MaxBarraclough · on March 15, 2021

Right. They don't emphasise improving the performance of the Python interpreter precisely because they prefer to handle computational heavy-lifting in C instead. Python has been very successful with this approach. Java takes the opposite approach, promoting 'purity' and investing very heavily in JVM performance.

It would still be interesting to see for benchmark purposes.

acdha · on March 15, 2021

Agreed — and especially so if you could see how common it is that CPython performance tanks but PyPy (or Jython?) does not after the JIT kicks in.

heavyset_go · on March 15, 2021

> Perhaps because of the dynamic typing of both arguments?

It wouldn't matter, you'd be dealing with PyObject pointers in C anyway.

MaxBarraclough · on March 15, 2021

Right, that's what I meant. If the C code has to cope with dynamic typing anyway, there might be little scope to speed things up.

The same isn't true for, say, string operations, where there might be plenty of opportunity to move tight loops from Python to C and speed things up considerably.

heavyset_go · on March 15, 2021

Truthfully, I don't think optimization was a motivation for writing _count_elements() in Python or not. The CPython project doesn't prioritize optimization of the language or standard library unless there are clear performance gains to be made in the face of slow code. What most likely happened is someone wrote some code on a mailing list or bug report, and a maintainer included it as is.

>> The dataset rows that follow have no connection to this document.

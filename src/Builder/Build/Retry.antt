-- ===== src/Builder/Build/Retry.antt =====
-- A second build on the state that a failed one leaves.
use sputter_os.Prelude.{
  subst, ℕ, ◌+◌, ◌≤◌, ◌≡◌, ◌≢◌, refl, sym, ◌∙◌, ap, arith, true, false, List, [], ◌∷◌, ◌++◌, Option,
  none, some, leb, ◌==◌, length, All, Bool-cases, inl, inr,
}
use sputter_os.Builder.Sort.Insertion.{length-sort_tasks}
use sputter_os.Builder.Sort.Stable.{of_priority}
use sputter_os.Builder.Checks.{Pinned, CoreInfo, BuildError, all_tasks}
use sputter_os.Builder.Checks.Sound.{IsDistinct, validate_sound}
use sputter_os.Builder.Topology.{
  max_tasks_per_core, prepend_task, on_core, core_has, sort_core, sort_cores,
}
use sputter_os.Builder.Build.{
  Setup, Static, place_tasks, create_kernel, conclude, check_and_configure, build,
}
use sputter_os.Builder.Build.Order.{
  rank, AtZero, place_tasks-AtZero, sort_cores-AtZero, build_cases, build-cores,
  create_kernel-cores,
}

module _ (p : ℕ) where
  All-of_priority :
      (P : Pinned → Type 0) (xs : List Pinned) → All P xs → All P (of_priority rank p xs)
  unfolding of_priority
  All-of_priority P [] h = tt
  All-of_priority P (x ∷ xs) (h, hs) = elim (Bool-cases (rank x == p)) [
    | inl e ↦ rw e (h, All-of_priority P xs hs)
    | inr e ↦ rw e (All-of_priority P xs hs)
  ]

  of_priority-IsDistinct : (xs : List Pinned) → IsDistinct xs → IsDistinct (of_priority rank p xs)
  unfolding of_priority IsDistinct
  of_priority-IsDistinct [] h = tt
  of_priority-IsDistinct (x ∷ xs) (h, hs) = elim (Bool-cases (rank x == p)) [
    | inl e ↦ rw e (All-of_priority (λ u. u.info.id ≢ x.info.id) xs h, of_priority-IsDistinct xs hs)
    | inr e ↦ rw e (of_priority-IsDistinct xs hs)
  ]

All-left : (P : Pinned → Type 0) (xs ys : List Pinned) → All P (xs ++ ys) → All P xs
All-left P [] ys h = tt
All-left P (x ∷ xs) ys (h, hs) = (h, All-left P xs ys hs)

IsDistinct-left : (xs ys : List Pinned) → IsDistinct (xs ++ ys) → IsDistinct xs
unfolding IsDistinct
IsDistinct-left [] ys h = tt
IsDistinct-left (x ∷ xs) ys (h, hs) =
    (All-left (λ u. u.info.id ≢ x.info.id) xs ys h, IsDistinct-left xs ys hs)

-- No two tasks of Core 0 are one.
not_twice :
    (t : Pinned) (ts : List Pinned) (cores : List CoreInfo)
    → AtZero (t ∷ t ∷ ts) cores
    → ¬ IsDistinct (all_tasks cores)
unfolding all_tasks IsDistinct
not_twice t ts [] h d = h
not_twice t ts (c ∷ cs) h d =
    let here = of_priority-IsDistinct 0 c.tasks (IsDistinct-left c.tasks (all_tasks cs) d) in
    let twice : IsDistinct (t ∷ t ∷ ts) = subst (λ l. IsDistinct l) h here in twice.0.0 refl

-- Core 0 has `n` tasks at most.
abbrev Holds : ℕ → List CoreInfo → Type 0
Holds n [] = ⊥
Holds n (c ∷ cs) = length c.tasks ≤ n

Holds-weaken : (m n : ℕ) (cores : List CoreInfo) → m ≤ n → Holds m cores → Holds n cores
Holds-weaken m n [] h k = k
Holds-weaken m n (c ∷ cs) h k = omega arith

length-prepend_task :
    (t : Pinned) (c : CoreInfo) → length (prepend_task t c).tasks ≤ length c.tasks + 1
unfolding prepend_task
length-prepend_task t c = ground arith

place_tasks-Holds :
    {C : Type 0} (s : Setup C) (c : CoreInfo) (cs : List CoreInfo)
    → Holds (length c.tasks + 2) (place_tasks s (c ∷ cs))
unfolding place_tasks on_core
place_tasks-Holds s c cs =
    let one = length-prepend_task s.control c in
    elim (Bool-cases (leb 2 s.core_count)) [
      | inl multi ↦ elim (Bool-cases (core_has (λ c. c.is_crunch) 1 (c ∷ cs))) [
        | inl crunch ↦
            rw (multi, crunch)
              (omega (arith, length-prepend_task s.comms (prepend_task s.control c)))
        | inr flat ↦ rw (multi, flat) (omega arith)
      ]
      | inr single ↦
          let other = length-prepend_task s.comms c in
          rw single (omega (arith, length-prepend_task s.control (prepend_task s.comms c)))
    ]

sort_cores-Holds :
    (dflt : Pinned) (n : ℕ) (cores : List CoreInfo)
    → Holds n cores
    → Holds n (sort_cores dflt cores)
unfolding sort_cores sort_core
sort_cores-Holds dflt n [] h = h
sort_cores-Holds dflt n (c ∷ cs) h = omega (arith, length-sort_tasks rank dflt c.tasks)

module _ {F C : Type 0} (to_float : ℕ → F) (divide : F → F → F) (dflt : Pinned) (s : Setup C) where
  conclude-none :
      (error : Option BuildError) (b b' : Static F C)
      → conclude to_float s error b ≡ (none, b')
      → error ≡ none
  unfolding conclude
  conclude-none none b b' h = refl
  conclude-none (some e) b b' h = cc

  passed-IsDistinct :
      (b b' : Static F C)
      → check_and_configure to_float divide dflt s b ≡ (none, b')
      → IsDistinct (all_tasks (sort_cores dflt b.cores))
  unfolding check_and_configure
  passed-IsDistinct b b' h =
      let cores = sort_cores dflt b.cores in
      let passed = conclude-none _ _ b' h in
      (validate_sound to_float divide s.min_period_us s.core_count cores b.machine.errors passed).2

  second_copy :
      (cores created : List CoreInfo) (ts : List Pinned)
      → rank s.control ≡ 0
      → rank s.comms ≡ 1
      → AtZero (s.control ∷ ts) cores
      → Holds 254 cores
      → created ≡ place_tasks s cores
      → ¬ IsDistinct (all_tasks (sort_cores dflt created))
  second_copy [] created ts kernel second at room placed = absurd at
  second_copy (c ∷ cs) created ts kernel second at room placed =
      let once = place_tasks-AtZero s kernel second c cs (omega arith) in
      let twice : AtZero (s.control ∷ s.control ∷ ts) (place_tasks s (c ∷ cs)) =
        subst (λ l. AtZero (s.control ∷ l) (place_tasks s (c ∷ cs))) at once in
      rw placed (
        not_twice s.control ts (sort_cores dflt (place_tasks s (c ∷ cs)))
          (sort_cores-AtZero dflt (s.control ∷ s.control ∷ ts) (place_tasks s (c ∷ cs)) twice))

  -- A state with the control task on Core 0 and room for two more: no build succeeds.
  placed_twice :
      (b b' : Static F C) (ts : List Pinned) (r : Option BuildError)
      → s.has_app ≡ true
      → rank s.control ≡ 0
      → rank s.comms ≡ 1
      → AtZero (s.control ∷ ts) b.cores
      → Holds 254 b.cores
      → b.is_built ≡ false
      → build to_float divide dflt s b ≡ some (r, b')
      → r ≢ none
  placed_twice b b' ts r app kernel second at room new e ok =
      let (created, k, done) = build_cases to_float divide dflt s b b' r new e in
      let placed = create_kernel-cores to_float divide dflt s b created app k in
      let distinct = passed-IsDistinct created b' (done ∙ ap (λ x. (x, b')) ok) in
      second_copy b.cores created.cores ts kernel second at room placed distinct

  conclude-some :
      (error : Option BuildError) (b b' : Static F C) (e : BuildError)
      → conclude to_float s error b ≡ (some e, b')
      → b'.is_built ≡ b.is_built
  unfolding conclude
  conclude-some none b b' e h = absurd (ground arith)
  conclude-some (some e') b b' e h = ground arith

  create_kernel-is_built :
      (b created : Static F C) → create_kernel s b ≡ some created → created.is_built ≡ b.is_built
  unfolding create_kernel
  create_kernel-is_built b created e = ground arith

  failed-is_built :
      (b b' : Static F C) (e : BuildError)
      → check_and_configure to_float divide dflt s b ≡ (some e, b')
      → b'.is_built ≡ b.is_built
  unfolding check_and_configure
  failed-is_built b b' e h = conclude-some _ _ b' e h

  built_again :
      (b b' : Static F C) (r : Option BuildError)
      → b.is_built ≡ true
      → build to_float divide dflt s b ≡ some (r, b')
      → (r ≢ none) × (b' ≡ b)
  unfolding build
  built_again b b' r built e = ((λ ok. ground (arith, built)), ground (arith, built))

  -- With an application, the kernel's priorities 0 and 1, and room on Core 0 for four more tasks: when a
  -- build fails, the next one on the state it leaves fails too, whatever the first error was, since the
  -- control task is then registered a second time.
  pub failed_build_sticks :
      (b b1 b2 : Static F C) (e : BuildError) (r : Option BuildError) (c : CoreInfo)
      (cs : List CoreInfo)
      → s.has_app ≡ true
      → rank s.control ≡ 0
      → rank s.comms ≡ 1
      → b.cores ≡ c ∷ cs
      → length c.tasks + 4 ≤ max_tasks_per_core
      → build to_float divide dflt s b ≡ some (some e, b1)
      → build to_float divide dflt s b1 ≡ some (r, b2)
      → r ≢ none
  failed_build_sticks b b1 b2 e r c cs app kernel second here room first next =
      elim (Bool-cases b.is_built) [
        | inl built ↦
            let same = (built_again b b1 (some e) built first).1 in
            (built_again b1 b2 r (ap (λ x. x.is_built) same ∙ built) next).0
        | inr new ↦
            let (created, k, done) = build_cases to_float divide dflt s b b1 (some e) new first in
            let placed =
              create_kernel-cores to_float divide dflt s b created app k
              ∙ ap (place_tasks s) here in
            let sorted =
              build-cores to_float divide dflt s b b1 created (some e) done
              ∙ ap (sort_cores dflt) placed in
            let still =
              failed-is_built created b1 e done ∙ create_kernel-is_built b created k ∙ new in
            let tasks = of_priority rank 0 c.tasks in
            let at =
              sort_cores-AtZero dflt (s.control ∷ tasks) (place_tasks s (c ∷ cs))
                (place_tasks-AtZero s kernel second c cs (omega arith)) in
            let few =
              sort_cores-Holds dflt (length c.tasks + 2) (place_tasks s (c ∷ cs))
                (place_tasks-Holds s c cs) in
            placed_twice b1 b2 tasks r app kernel second
              (subst (AtZero (s.control ∷ tasks)) (sym sorted) at)
              (Holds-weaken (length c.tasks + 2) 254 b1.cores (omega arith)
                (subst (Holds (length c.tasks + 2)) (sym sorted) few))
              still next
      ]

Reading the bug report that introduced Counter[1], the author states it is the simplest implementation they came up with, and Guido and other maintainers prioritized simplicity.

[1] https://bugs.python.org/issue1696199

MaxBarraclough · on March 15, 2021

Interesting, thanks.

MaxBarraclough · on March 15, 2021

(Too late to edit) benhoyt's comment points out that _count_elements has two implementations, one in Python and one in C. The Python version is used only if the C function is not found.

musingsole · on March 15, 2021

I often wonder how fast I'd run a race if I shot my foot too.